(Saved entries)
━━━━━━━━━━━━━━━━
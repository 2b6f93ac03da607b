-- ===== src/Quality.antt =====
-- `AutopilotQualityPolicy` of backend/src/wandermind/application/autopilot_quality.py, and the check
-- of a wonder's sources, `_with_lineage_quality` of application/autopilot_service.py.
pub mod Gate
pub mod Lineage
use wander_mind.Prelude.{
  ℕ, zero, suc, Text, text, String, Bool, true, false, not, ◌&&◌, Option, none, some, List, [], ◌∷◌,
  ◌++◌, length, is_empty, insert_new, max, ltb, if◌then◌else◌, starts_with,
}
use wander_mind.Float.{Float, f0_35, f0_40, f0_45, f0_50, f0_55, f0_57, f0_60, f0_63, f0_70, f1_0}
use wander_mind.Models.Enums.{KnowledgeStatus, Verdict, PromotionBasis}
use wander_mind.Models.Quality.{
  QualityReason, QualityGateResult, QualityReason-discrete, ReviewMetadata, EpistemicStatus,
}
use wander_mind.Models.Thought.{KnowledgeItem, Wonder}
use wander_mind.Engine.Pairs.{find_item}
use wander_mind.Engine.Review.{is_given}
use mathlib.Core.Logic.{ite}

pub record AutopilotQualityPolicy : Type 0 where
  pub minimum_total : Float
  pub minimum_confidence : Float
  pub minimum_coherence : Float
  pub minimum_evidence_potential : Float
  pub maximum_redundancy : Float
  pub maximum_arbitrariness : Float
  pub maximum_hallucination_risk : Float
  pub maximum_uncertainty : Float
  pub maximum_factual_risk : Float
  pub maximum_revision_factual_risk : Float
  pub minimum_grounded_sources : ℕ

unfoldable pub default_policy : AutopilotQualityPolicy
default_policy = record {
  minimum_total = f0_63;
  minimum_confidence = f0_57;
  minimum_coherence = f0_70;
  minimum_evidence_potential = f0_50;
  maximum_redundancy = f0_45;
  maximum_arbitrariness = f0_55;
  maximum_hallucination_risk = f0_35;
  maximum_uncertainty = f0_60;
  maximum_factual_risk = f0_40;
  maximum_revision_factual_risk = f0_35;
  minimum_grounded_sources = 2;
}

-- A test of the source that appends its reason where it holds.
abbrev pub Check : Type 0
Check = Bool × QualityReason

-- The reasons that a sequence of such tests appends.
unfoldable pub appended : List Check → List QualityReason
appended [] = []
appended ((b, reason) ∷ checks) = let rest = appended checks in if b then reason ∷ rest else rest

-- `_number`
unfoldable pub number : Option Float → Float → Float
number none default = default
number (some x) default = x

-- `{str(value) for value in grounded_refs if value}`
unfoldable pub grounded_refs : List ℕ → List ℕ → List ℕ
grounded_refs seen [] = seen
grounded_refs seen (zero ∷ refs) = grounded_refs seen refs
grounded_refs seen (suc n ∷ refs) = grounded_refs (insert_new seen (suc n)) refs

unfoldable pub grounded_source_count : Option (List ℕ) → ℕ
unfolding grounded_refs
grounded_source_count none = 0
grounded_source_count (some refs) = length (grounded_refs [] refs)

module _ (p : AutopilotQualityPolicy) where
  -- The tests before the review is looked up.
  unfoldable pub score_checks : Wonder → Float → List Check
  score_checks wonder configured_threshold =
      (
        ltb wonder.scores.total (max p.minimum_total configured_threshold),
        QualityReason.total_score_below_quality_floor,
      )
      ∷ (ltb wonder.confidence p.minimum_confidence, QualityReason.confidence_too_low)
      ∷ (ltb wonder.scores.coherence p.minimum_coherence, QualityReason.coherence_too_low)
      ∷ (
        ltb wonder.scores.evidence_potential p.minimum_evidence_potential,
        QualityReason.evidence_potential_too_low,
      )
      ∷ (ltb p.maximum_redundancy wonder.scores.redundancy, QualityReason.redundancy_too_high)
      ∷ (
        ltb p.maximum_arbitrariness wonder.scores.arbitrariness,
        QualityReason.arbitrariness_too_high,
      )
      ∷ (
        ltb p.maximum_hallucination_risk wonder.scores.hallucination_risk,
        QualityReason.hallucination_risk_too_high,
      )
      ∷ (is_empty wonder.supporting_evidence, QualityReason.supporting_evidence_missing)
      ∷ (is_empty wonder.counter_evidence, QualityReason.counter_evidence_missing)
      ∷ (is_empty wonder.questions, QualityReason.validation_questions_missing)
      ∷ []

  unfoldable pub verdict_checks : Verdict → Option PromotionBasis → ReviewMetadata → List Check
  unfolding number is_given
  verdict_checks Verdict.pass basis review =
      (
        ltb p.maximum_factual_risk (number review.factual_risk f1_0),
        QualityReason.factual_risk_too_high,
      )
      ∷ []
  verdict_checks Verdict.revise (some PromotionBasis.runtime_revision) review =
      (
        ltb p.maximum_revision_factual_risk (number review.factual_risk f1_0),
        QualityReason.revised_claim_factual_risk_too_high,
      )
      ∷ (
        not (is_given review.revised_statement && is_given review.expanded_idea),
        QualityReason.runtime_revision_missing,
      )
      ∷ []
  verdict_checks _ basis review = (true, QualityReason.independent_review_not_passed) ∷ []

  unfoldable pub review_checks : Option PromotionBasis → ReviewMetadata → List Check
  unfolding number grounded_source_count verdict_checks
  review_checks basis review =
      (
        ltb (grounded_source_count review.supporting_source_refs) p.minimum_grounded_sources,
        QualityReason.insufficient_grounded_sources,
      )
      ∷ (
        ltb p.maximum_uncertainty (number review.uncertainty f1_0),
        QualityReason.uncertainty_too_high,
      )
      ∷ verdict_checks review.verdict basis review

  -- The result with the review that was looked up.
  unfoldable pub evaluate_review : Wonder → Float → Option ReviewMetadata → QualityGateResult
  unfolding score_checks review_checks appended
  evaluate_review wonder configured_threshold none = record {
    accepted = false;
    reasons =
        appended (score_checks wonder configured_threshold)
        ++ QualityReason.independent_review_missing ∷ [];
  }
  evaluate_review wonder configured_threshold (some review) =
      let reasons =
        appended (score_checks wonder configured_threshold)
        ++ appended (review_checks wonder.promotion_basis review) in
      record { accepted = is_empty reasons; reasons = reasons }

  unfoldable pub evaluate : Wonder → Float → QualityGateResult
  unfolding evaluate_review
  evaluate wonder configured_threshold =
      evaluate_review wonder configured_threshold wonder.runtime_review

-- `==` on the strings of `source`.
unfoldable pub same_text : Text → Text → Bool
unfolding starts_with
same_text a b = starts_with a b && starts_with b a

unfoldable pub is_autopilot : String → Bool
unfolding same_text text
is_autopilot source = same_text (text source) (text "autopilot")

unfoldable pub is_active : KnowledgeStatus → Bool
is_active KnowledgeStatus.active = true
is_active _ = false

-- `epistemic_status not in {...}`
unfoldable pub is_original_status : EpistemicStatus → Bool
is_original_status EpistemicStatus.reviewed_hypothesis = false
is_original_status EpistemicStatus.quality_rejected = false
is_original_status EpistemicStatus.encoding_corrupted = false
is_original_status _ = true

-- `_is_original_evidence`
unfoldable pub is_original_evidence : KnowledgeItem → Bool
unfolding is_active is_autopilot is_original_status
is_original_evidence item =
    is_active item.status
    && not (is_autopilot item.source)
    && is_original_status item.epistemic_status

-- `list(dict.fromkeys(ids))`
unfoldable pub distinct_ids : List ℕ → List ℕ → List ℕ
distinct_ids seen [] = seen
distinct_ids seen (x ∷ xs) = distinct_ids (insert_new seen x) xs

unfoldable pub has_reason : List QualityReason → QualityReason → Bool
has_reason [] r = false
has_reason (x ∷ xs) r = let rest = has_reason xs r in ite (QualityReason-discrete x r) true rest

-- `dict.fromkeys(reasons)`
unfoldable pub distinct_reasons : List QualityReason → List QualityReason → List QualityReason
unfolding has_reason
distinct_reasons seen [] = seen
distinct_reasons seen (r ∷ rs) =
    let old = distinct_reasons seen rs in
    let new = distinct_reasons (seen ++ r ∷ []) rs in if has_reason seen r then old else new

unfoldable pub source_checks : Option KnowledgeItem → List Check
unfolding is_original_evidence
source_checks none = (true, QualityReason.source_knowledge_missing) ∷ []
source_checks (some source) =
    (not (is_original_evidence source), QualityReason.source_lineage_not_original) ∷ []

unfoldable pub lineage_checks : List KnowledgeItem → List ℕ → List Check
unfolding source_checks find_item
lineage_checks knowledge [] = []
lineage_checks knowledge (id ∷ ids) =
    source_checks (find_item knowledge id) ++ lineage_checks knowledge ids

-- `_with_lineage_quality`
unfoldable pub with_lineage_quality :
    QualityGateResult → Wonder → List KnowledgeItem → QualityGateResult
unfolding distinct_ids distinct_reasons lineage_checks appended
with_lineage_quality quality wonder knowledge =
    let source_ids = distinct_ids [] wonder.source_items in
    let reasons =
      quality.reasons
      ++ appended (
          (ltb (length source_ids) 2, QualityReason.insufficient_source_lineage)
          ∷ lineage_checks knowledge source_ids) in
    let unique_reasons = distinct_reasons [] reasons in
    record { accepted = is_empty unique_reasons; reasons = unique_reasons }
━━━━━━━━━━━━━━━━
Above are the entries. Copy exactly the part that opens with the line containing "unfoldable pub source_checks" and closes with the line containing "unfoldable pub lineage_checks", and no more.

unfoldable pub source_checks : Option KnowledgeItem → List Check
unfolding is_original_evidence
source_checks none = (true, QualityReason.source_knowledge_missing) ∷ []
source_checks (some source) =
    (not (is_original_evidence source), QualityReason.source_lineage_not_original) ∷ []

unfoldable pub lineage_checks : List KnowledgeItem → List ℕ → List Check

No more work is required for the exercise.